BTW No need for HybridX crap, as 5670 itself perform decent enough.


----------



## Cilus (May 9, 2011)

Hybrid crossfire only works with very low end cards. So if you plug a HD 4350 or 5450 or 6450 then only Hybrid Crossfire will be enabled and the IGP will work along with the dedicated card.
But anything over it, the IGP will be disabled.


----------



## Skud (May 9, 2011)

Your mobo can hybrid crossfire with 5400 & 5500 series of cards *ONLY*. Better stick with the 5670 and disabled the IGP.


----------



## bubusam13 (May 9, 2011)

Yaa u will get the performance of two gpus. I m saying so coz I m myself using the hybrid crossfire motherboard... I m using Asus's M4A78... not the 88 one... but it too have the hybrid crossfire

But then also... may be *Cilus* is right... it may work with low end cards. Why dont u mail asus... they do reply.


----------



## Nikko Bellic (May 10, 2011)

bubusam13 said:


> Yaa u will get the performance of two gpus. I m saying so coz I m myself using the hybrid crossfire motherboard... I m using Asus's M4A78... not the 88 one... but it too have the hybrid crossfire
> 
> But then also... may be *Cilus* is right... it may work with low end cards. *Why dont u mail asus... they do reply*.



Yeas, I will

Thanks for all replies


----------



## Skud (May 10, 2011)

bubusam13 said:


> Yaa u will get the performance of two gpus. I m saying so coz I m myself using the hybrid crossfire motherboard... I m using Asus's M4A78... not the 88 one... but it too have the hybrid crossfire
> 
> But then also... may be *Cilus* is right... it may work with low end cards. Why dont u mail asus... they do reply.
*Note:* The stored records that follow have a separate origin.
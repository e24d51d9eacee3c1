-- ===== src/Tests.antt =====
-- The theorems at concrete inputs: an SDK that can be run, threads, memories and streams.
pub mod Demo
pub mod Calm
mod Errors
mod Streams
mod Sessions
mod Ownership
mod Signing
mod Files
mod Protocol
mod Cpp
Which GPU are you using for hybrid crossfire?


----------



## ico (May 10, 2011)

Cilus said:


> Hybrid crossfire only works with very low end cards. So if you plug a HD 4350 or 5450 or 6450 then only Hybrid Crossfire will be enabled and the IGP will work along with the dedicated card.
> But anything over it, the IGP will be disabled.


this is correct. 

Hybrid Crossfire is only for low-end cards. and HD 5670 isn't a low end card.


----------



## Rajesh345 (May 10, 2011)

sry 4 H.jacking  . IF Hybrid sli is setup ,is it possible to disable PCI E  GPU completely under power saving power profile   and use Onboad gpu only  ?
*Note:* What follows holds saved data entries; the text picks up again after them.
-- ===== src/Tests/Demo.antt =====
-- An SDK that can be run: a builder is the list of what was added to it, texts are what was read,
-- and an empty text is an error.
use c2pa_c.Common.{
  false, ℕ, Bytes, codes, List, [], ◌∷◌, Option, none, some, Result, ok, err, M, pure, length, ◌==◌,
  if◌then◌else◌, pos, refl, arith,
}
use c2pa_c.Error.Convert.{C2paError, bad_param}
use c2pa_c.Error.Last.{Thread}
use c2pa_c.Stream.{CStream, Ptr}
use c2pa_c.Memory.{World}
use c2pa_c.Memory.Laws.{IsValid}
use c2pa_c.Sdk.{Sdk, SignerInfo, Call, Block, builder, stream, signer, reader}

abbrev pub refused : C2paError
refused = record { variant = bad_param; message = codes "refused" }

abbrev pub nonempty : Bytes → Call ℕ Bytes
nonempty [] = pure (err refused)
nonempty (b ∷ bytes) = pure (ok (b ∷ bytes))

abbrev pub built : Bytes → Call ℕ (List Bytes)
built [] = pure (err refused)
built (b ∷ bytes) = pure (ok ((b ∷ bytes) ∷ []))

abbrev pub added : List Bytes → Bytes → M (Thread ℕ) (Result (Unit {0}) C2paError × List Bytes)
added items [] = pure (err refused, items)
added items (b ∷ bytes) = pure (ok tt, (b ∷ bytes) ∷ items)

abbrev pub hashed : Bytes → CStream ℕ → M (Thread ℕ) (Result (Unit {0}) C2paError × Bytes)
hashed (b ∷ c ∷ bytes) s = pure (ok tt, b ∷ c ∷ bytes)
hashed hash s = pure (err refused, hash)

abbrev pub info : SignerInfo
info = record {
  alg = codes "ES256";
  sign_cert = codes "cert";
  private_key = codes "key";
  ta_url = none;
}

abbrev parsed_info : Bytes → Result SignerInfo Bytes
parsed_info [] = err (codes "EOF")
parsed_info (_ ∷ _) = ok info

abbrev parsed_hash : Bytes → Result Bytes Bytes
parsed_hash [] = err (codes "EOF")
parsed_hash (b ∷ bytes) = ok (b ∷ bytes)

abbrev known_alg : Bytes → Option ℕ
known_alg [] = none
known_alg (b ∷ _) = if b == b'e' then some 1 else none

abbrev pub demo : Sdk
demo = record {
  Env = ℕ;
  Builder = List Bytes;
  Reader = Bytes;
  Signer = ℕ;
  Manifest = Bytes;
  Ingredient = Bytes;
  DataHash = Bytes;
  SigningAlg = ℕ;
  SerdeError = Bytes;
  name = codes "c2pa-rs";
  version = codes "0.46.0";
  es256 = 1;
  es384 = 2;
  es512 = 3;
  ps256 = 4;
  ps384 = 5;
  ps512 = 6;
  ed25519 = 7;
  load_settings_from_str = λ settings format. pure (ok tt);
  reader_from_stream = λ format s. nonempty format;
  reader_from_file = nonempty;
  reader_json = λ r. pure r;
  reader_to_string = λ r. pure r;
  reader_to_folder = λ r dir. pure (ok tt);
  reader_resource_to_stream = λ r uri s. pure (ok (length uri));
  builder_from_json = built;
  builder_from_archive = λ s. pure (ok []);
  set_no_embed = λ b. pure b;
  set_remote_url = λ b url. pure (url ∷ b);
  add_resource = λ b uri s. added b uri;
  add_ingredient_from_stream = λ b json format s. added b json;
  to_archive = λ b s. pure (ok tt, b);
  sign = λ b k format source dest. pure (ok (codes "jumbf"), b);
  data_hashed_placeholder = λ b size format. pure (ok (codes "place"), b);
  sign_data_hashed_embeddable = λ b k hash format. pure (ok (codes "bytes"), b);
  gen_hash_from_stream = hashed;
  composed_manifest = λ bytes format. pure (ok bytes);
  manifest_from_json = nonempty;
  with_base_path = λ m path. pure (ok tt, m);
  parent = λ m. none;
  set_parent = λ m i. pure (ok tt, m);
  embed = λ m source dest k. pure (ok (codes "jumbf"));
  ingredient_from_file = nonempty;
  ingredient_from_file_with_folder = λ path folder. nonempty path;
  ingredient_to_string = λ i. pure i;
  manifest_data = λ i. some i;
  from_keys = λ cert key alg url. pure (ok alg);
  callback_signer = λ callback alg certs context url. alg;
  reserve_size = λ k. pure 10_000;
  ed25519_sign = λ bytes key. pure (ok bytes);
  to_lowercase = λ s. codes "es256";
  parse_alg = known_alg;
  signer_info_from_str = parsed_info;
  data_hash_from_str = parsed_hash;
  serde_to_string = λ e. e;
  json_error_to_string = λ e. e;
  cose_signature_to_string = codes "COSE signature";
  string_of_null = some (codes "null");
  empty_has_data = false;
}

-- A stream of no bytes, and a thread at the start.
abbrev pub empty_stream : CStream ℕ
empty_stream = record {
  context = 100;
  reader = λ context buf. pure (pos 0, buf);
  seeker = λ context offset mode. pure (pos 0);
  writer = λ context buf. pure (pos 0);
  flusher = λ context. pure (pos 0);
}

abbrev pub start : Thread ℕ
start = record { last_error = none; errno = 0; outside = 0 }

-- A builder at 1, streams at 2 and 3, a signer at 4 and a reader at 5.
abbrev objects : Ptr → Option (Block demo)
objects p =
    if p == 1
    then some (builder (codes "{}" ∷ []))
    else if p == 2
    then some (stream empty_stream)
    else if p == 3
    then some (stream empty_stream)
    else if p == 4
    then some (signer 1)
    else if p == 5
    then some (reader (codes "store"))
    else none

abbrev pub world : World ℕ (Block demo)
world = record { thread = start; next = 6; cells = objects; slots = λ p. 0 }

pub world-IsValid : IsValid world
world-IsValid = record { positive = omega arith; null_free = refl; fresh = λ p h. ground arith }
ie  on power saving profile  - sysem use onboad gfx     and under power profile system use  PCI E GPU or both ?


----------



## Cilus (May 10, 2011)

You don't need to mail Asus for checking compatibility, I know it for sure. Look even normal Crossfire only occurs between two cards of same group, i.e. their performance, memory bandwidth and processing capability should be in the same league. Even normal CF is not possible between cards having very high performance difference.
Now the IGP is very very low end card..it has only 40 stream processors. So it will only work with very low end dedicated GPUs, otherwise it will be disabled. Check the *Wikipedia* link.


----------